To compare simulations with experiments, we rescale yield onto the same axis (by dividing by a scaling factor) and facet the plot by year × planting experiment.

The final plot shows:

Healthy light interception (green area)
Simulated light interception (dark green line)
Disease severity (blue line, points, and error bars)
Grain yield (black line, points, and error bars, rescaled)

🌍 Interpretation and conclusion

The plot above summarizes model simulations against observed data for six years and twelve sowing dates of cultivar BRILHANTE in Brazil.

✅ Healthy light interception (green area) provides the baseline without disease.
✅ Simulated interception (dark green line) captures crop canopy dynamics.
✅ Disease severity (blue) is both simulated (line) and observed (points with error bars).
✅ Yield (black) shows observed vs simulated grain yield (scaled to fit).
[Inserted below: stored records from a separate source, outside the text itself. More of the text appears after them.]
-- ===== src/Cenc/Layout.antt =====
-- A sample of the CENC mode against its layout: clear bytes and protected bytes in turn, and one
-- stream of counter mode over all the protected bytes.
use tasecureapi.Prelude.{
  ℕ, ◌+◌, ◌-◌, ◌*◌, ◌/◌, ◌%◌, ◌^◌, ◌<◌, bit_xor, ◌≡◌, refl, ap, ◌∙◌, true, false, ◌&&◌, some, List,
  [], ◌∷◌, arith, All, ltb, leb, ◌==◌, if◌then◌else◌, status_ok,
}
use mathlib.Core.Path.{fun_ext}
use native.Mathlib.Decide.{ℕ_discrete}
use tasecureapi.Memory.{size_mod}
use tasecureapi.Svp.{Memory, memcpy}
use tasecureapi.Cenc.{Subsample, Sample, State, copy_clear, decrypt, whole, process_from, process}
use tasecureapi.Cenc.Counter.{Evp, evp, counter_byte, counted, IsAt, Decrypted, context_set_iv_eq}
use tasecureapi.Cenc.Rollover.{decrypt-Decrypted}
use tasecureapi.Symmetric.{SymmetricContext}
use tasecureapi.Prelude.CipherAlgorithm
use tasecureapi.Prelude.CipherMode

-- The bytes of all subsamples.
abbrev pub total : List Subsample → ℕ
total [] = 0
total (s ∷ ss) = s.clear_data + s.protected_data + total ss

-- The protected bytes are whole blocks, and their number is an `int`.
abbrev pub Aligned : Subsample → Type 0
Aligned s = (s.protected_data % 16 ≡ 0) × (s.protected_data < 2 ^ 31)

-- The output of a sample from `offset` on: `done` protected bytes came before, and `stream` is the
-- key stream of the sample.
abbrev pub layout : (ℕ → ℕ) → Memory → List Subsample → ℕ → ℕ → Memory → Memory
layout stream input [] offset done out a = out a
layout stream input (s ∷ ss) offset done out a =
    layout stream input ss (offset + s.clear_data + s.protected_data) (done + s.protected_data)
      (counted stream input (memcpy out offset (λ i. input (offset + i)) s.clear_data)
        (offset + s.clear_data) s.protected_data done)
      a

-- The layout reads the output only where it is asked.
layout-eq :
    (stream : ℕ → ℕ) (input : Memory) (ss : List Subsample) (offset done : ℕ) (out out' : Memory)
    (a : ℕ)
    → ((b : ℕ) → out b ≡ out' b)
    → layout stream input ss offset done out a ≡ layout stream input ss offset done out' a
layout-eq stream input ss offset done out out' a h =
    ap (λ m. layout stream input ss offset done m a) (fun_ext h)

module _ (block : ℕ → ℕ → ℕ) (input : Memory) (sample : Sample) (first nonce : ℕ) where
  -- The state is in the stream of the sample, behind all the protected bytes so far.
  pub record InStream (st : State Evp) : Type 0 where
    pub place : IsAt st
    pub same_nonce : st.nonce ≡ nonce
    pub counter : st.counter ≡ (first + st.enc_byte_count / 16) % 2 ^ 64
    pub aligned : st.enc_byte_count % 16 ≡ 0

  copy_clear-InStream :
      (offset count : ℕ) (st : State Evp)
      → InStream st
      → InStream (copy_clear (evp block) input offset count st)
  unfolding copy_clear
  copy_clear-InStream offset count st at = record {
    place = record {
      mode = at.place.mode;
      algorithm = at.place.algorithm;
      aligned = at.place.aligned;
      stands = at.place.stands;
      nonce_bound = at.place.nonce_bound;
      counter_bound = at.place.counter_bound;
    };
    same_nonce = at.same_nonce;
    counter = at.counter;
    aligned = at.aligned;
  }

  Decrypted-InStream :
      (base count : ℕ) {st st' : State Evp}
      → InStream st
      → count % 16 ≡ 0
      → Decrypted block input base count st st'
      → InStream st'
        × ((a : ℕ)
            → st'.out a
              ≡ counted
                  (counter_byte block nonce first)
                  input
                  st.out
                  base
                  count
                  st.enc_byte_count
                  a)
  Decrypted-InStream base count {st} {st'} at al d = (
    record {
      place = d.place;
      same_nonce = omega (arith, d.same_nonce, at.same_nonce);
      counter = omega (arith, d.counter_after, d.enc_after, at.counter, at.aligned);
      aligned = omega (arith, d.enc_after, at.aligned);
    },
    λ a.
        let p : st.nonce * 2 ^ 64 + (st.counter + (0 + (a - base)) / 16) % 2 ^ 64
            ≡ nonce * 2 ^ 64 + (first + (st.enc_byte_count + (a - base)) / 16) % 2 ^ 64 =
          omega (arith, at.same_nonce, at.counter, at.aligned) in
        let q : (0 + (a - base)) % 16 ≡ (st.enc_byte_count + (a - base)) % 16 =
          omega (arith, at.aligned) in
        d.output a
        ∙ ap
            (λ (y : ℕ).
              if leb base a && ltb a (base + count) then bit_xor (input a) y else st.out a)
            (rw (p, q) refl),
  )

  -- The protected bytes of a subsample, behind its clear bytes.
  whole_lem :
      (protected offset : ℕ) (st : State Evp)
      → sample.ctr ≡ true
      → sample.cbc ≡ false
      → protected % 16 ≡ 0
      → InStream st
      → st.enc_byte_count + protected < size_mod
      → protected < 2 ^ 31
      → whole (evp block) input sample protected offset st ≡ record {
        status = status_ok;
        offset = offset + protected;
        state = (decrypt (evp block) input true offset protected st).1;
      }
  unfolding whole
  whole_lem protected offset st ctr cbc al at small short =
      let d =
        decrypt-Decrypted block input offset protected st at.place at.aligned al small short in
      let p : protected - 0 ≡ protected = omega arith in
      let q : offset + protected + 0 ≡ offset + protected = omega arith in
      rw (cbc, whole) (rw (p, ctr, d.0, q) refl)

  subsample :
      (fuel : ℕ) (s : Subsample) (ss : List Subsample) (offset : ℕ) (st : State Evp)
      → sample.crypt_byte_block ≡ 0
      → sample.ctr ≡ true
      → sample.cbc ≡ false
      → Aligned s
      → InStream st
      → st.enc_byte_count + s.protected_data < size_mod
      → (st' : State Evp) × (process_from
            (evp block)
            input
            sample
            fuel
            (s ∷ ss)
            (record { status = status_ok; offset = offset; state = st })
          ≡ process_from (evp block) input sample fuel ss (record {
            status = status_ok;
            offset = offset + s.clear_data + s.protected_data;
            state = st';
          }))
        × InStream st'
        × (st'.enc_byte_count ≡ st.enc_byte_count + s.protected_data)
        × ((a : ℕ)
            → st'.out a
              ≡ counted
                  (counter_byte block nonce first)
                  input
                  (memcpy st.out offset (λ i. input (offset + i)) s.clear_data)
                  (offset + s.clear_data)
                  s.protected_data
                  st.enc_byte_count
                  a)
  unfolding process_from copy_clear
  subsample fuel s ss offset st crypt ctr cbc al at small =
      let base = offset + s.clear_data in
      let st0 = copy_clear (evp block) input offset s.clear_data st in
      let at0 = copy_clear-InStream offset s.clear_data st at in
      elim (ℕ_discrete s.protected_data 0) [
        | yes none_left ↦ (
          st0,
          let skip : (s.protected_data == 0) ≡ true = ground arith in
              let same : base + s.protected_data ≡ base = omega (arith, none_left) in
              rw (skip, process_from) (rw same refl),
          at0,
          omega (arith, none_left),
          λ a. ground (arith, none_left),
        )
        | no more ↦
            let d =
              decrypt-Decrypted block input base s.protected_data st0 at0.place at0.aligned al.0
                small al.1 in
            let w = whole_lem s.protected_data base st0 ctr cbc al.0 at0 small al.1 in
            let i = Decrypted-InStream base s.protected_data at0 al.0 d.1 in
            let go : (s.protected_data == 0) ≡ false = ground arith in
            let mode : (sample.crypt_byte_block == 0) ≡ true = ground arith in
            (
              (decrypt (evp block) input true base s.protected_data st0).1,
              rw (go, process_from) (rw (mode, w) refl),
              i.0,
              d.1.enc_after,
              i.1,
            )
      ]

  process_from-layout :
      (fuel : ℕ) (ss : List Subsample) (offset : ℕ) (st : State Evp)
      → sample.crypt_byte_block ≡ 0
      → sample.ctr ≡ true
      → sample.cbc ≡ false
      → All Aligned ss
      → InStream st
      → st.enc_byte_count + total ss < size_mod
      → (st' : State Evp) × (process_from
            (evp block)
            input
            sample
            fuel
            ss
            (record { status = status_ok; offset = offset; state = st })
          ≡ some (record { status = status_ok; offset = offset + total ss; state = st' }))
        × ((a : ℕ)
            → st'.out a
              ≡ layout (counter_byte block nonce first) input ss offset st.enc_byte_count st.out a)
  unfolding process_from
  process_from-layout fuel [] offset st crypt ctr cbc al at small =
      let e : offset + 0 ≡ offset = omega arith in (st, rw e refl, λ a. refl)
  process_from-layout fuel (s ∷ ss) offset st crypt ctr cbc al at small =
      let base = offset + s.clear_data in
      let st0 = copy_clear (evp block) input offset s.clear_data st in
      let step = subsample fuel s ss offset st crypt ctr cbc al.0 at (omega arith) in
      let st1 = step.0 in
      let next = offset + s.clear_data + s.protected_data in
      let ih =
        process_from-layout fuel ss next st1 crypt ctr cbc al.1 step.2 (omega (arith, step.3)) in
      let all : next + total ss ≡ offset + (s.clear_data + s.protected_data + total ss) =
        omega arith in
      (
        ih.0,
        step.1
            ∙ ih.1
            ∙ ap (λ n. some (record { status = status_ok; offset = n; state = ih.0 })) all,
        λ a.
            ih.2 a
            ∙ ap (λ n. layout (counter_byte block nonce first) input ss next n st1.out a) step.3
            ∙ layout-eq (counter_byte block nonce first) input ss next
                (st.enc_byte_count + s.protected_data) st1.out _ a step.4,
      )

-- A sample of the CENC mode with AES-CTR, whose protected data are whole blocks of fewer than 2^31
-- bytes in each subsample, is decrypted to its layout: the clear bytes are copied, and all the protected
-- bytes are one stream of counter mode with an 8 byte counter, which starts again at 0 when it is full;
-- nothing else is written, and the offset goes on by all the bytes.
pub process-layout :
    (block : ℕ → ℕ → ℕ) (input out : Memory) (sample : Sample) (fuel : ℕ)
    (context : SymmetricContext Evp)
    → context.cipher_mode ≡ CipherMode.decrypt_mode
    → context.cipher_algorithm ≡ CipherAlgorithm.aes_ctr
    → sample.crypt_byte_block ≡ 0
    → sample.ctr ≡ true
    → sample.cbc ≡ false
    → All Aligned sample.subsamples
    → total sample.subsamples < size_mod
    → sample.iv_nonce < 2 ^ 64
    → sample.iv_counter < 2 ^ 64
    → (st : State Evp) × (process (evp block) input sample fuel context out
        ≡ some (record { status = status_ok; offset = total sample.subsamples; state = st }))
      × ((a : ℕ)
          → st.out a
            ≡ layout
                (counter_byte block sample.iv_nonce sample.iv_counter)
                input
                sample.subsamples
                0
                0
                out
                a)
unfolding process
process-layout block input out sample fuel context mode algorithm crypt ctr cbc al small nb cb =
    let e =
      context_set_iv_eq block input context sample.iv_nonce sample.iv_counter mode algorithm in
    let st : State Evp = record {
      context = record context {
        evp_cipher = record { first = sample.iv_nonce * 2 ^ 64 + sample.iv_counter; used = 0 };
      };
      nonce = sample.iv_nonce;
      counter = sample.iv_counter;
      enc_byte_count = 0;
      out = out;
    } in
    let at : InStream block input sample sample.iv_counter sample.iv_nonce st = record {
      place = record {
        mode = mode;
        algorithm = algorithm;
        aligned = refl;
        stands = omega arith;
        nonce_bound = nb;
        counter_bound = cb;
      };
      same_nonce = refl;
      counter = omega arith;
      aligned = refl;
    } in
    let r =
      process_from-layout block input sample sample.iv_counter sample.iv_nonce fuel
        sample.subsamples 0 st crypt ctr cbc al at (omega arith) in
    let all : 0 + total sample.subsamples ≡ total sample.subsamples = omega arith in
    rw (e, process)
      (r.0, r.1 ∙ ap (λ n. some (record { status = status_ok; offset = n; state = r.0 })) all, r.2)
Overall, the calibrated disease parameters reproduce the magnitude and seasonal patterns of wheat blast epidemics. The framework highlights how integrating weather, management, and epidemiology can provide robust estimates of yield losses.

📌 Key takeaway

This vignette illustrated the full calibration–validation cycle:

Calibrate disease parameters on a subset of experiments.
Average them into a robust epidemiological baseline.
Validate on independent experiments across years and sowing dates.

This workflow can be extended to other crops, pathosystems, and datasets using the same FraNchEstYN framework.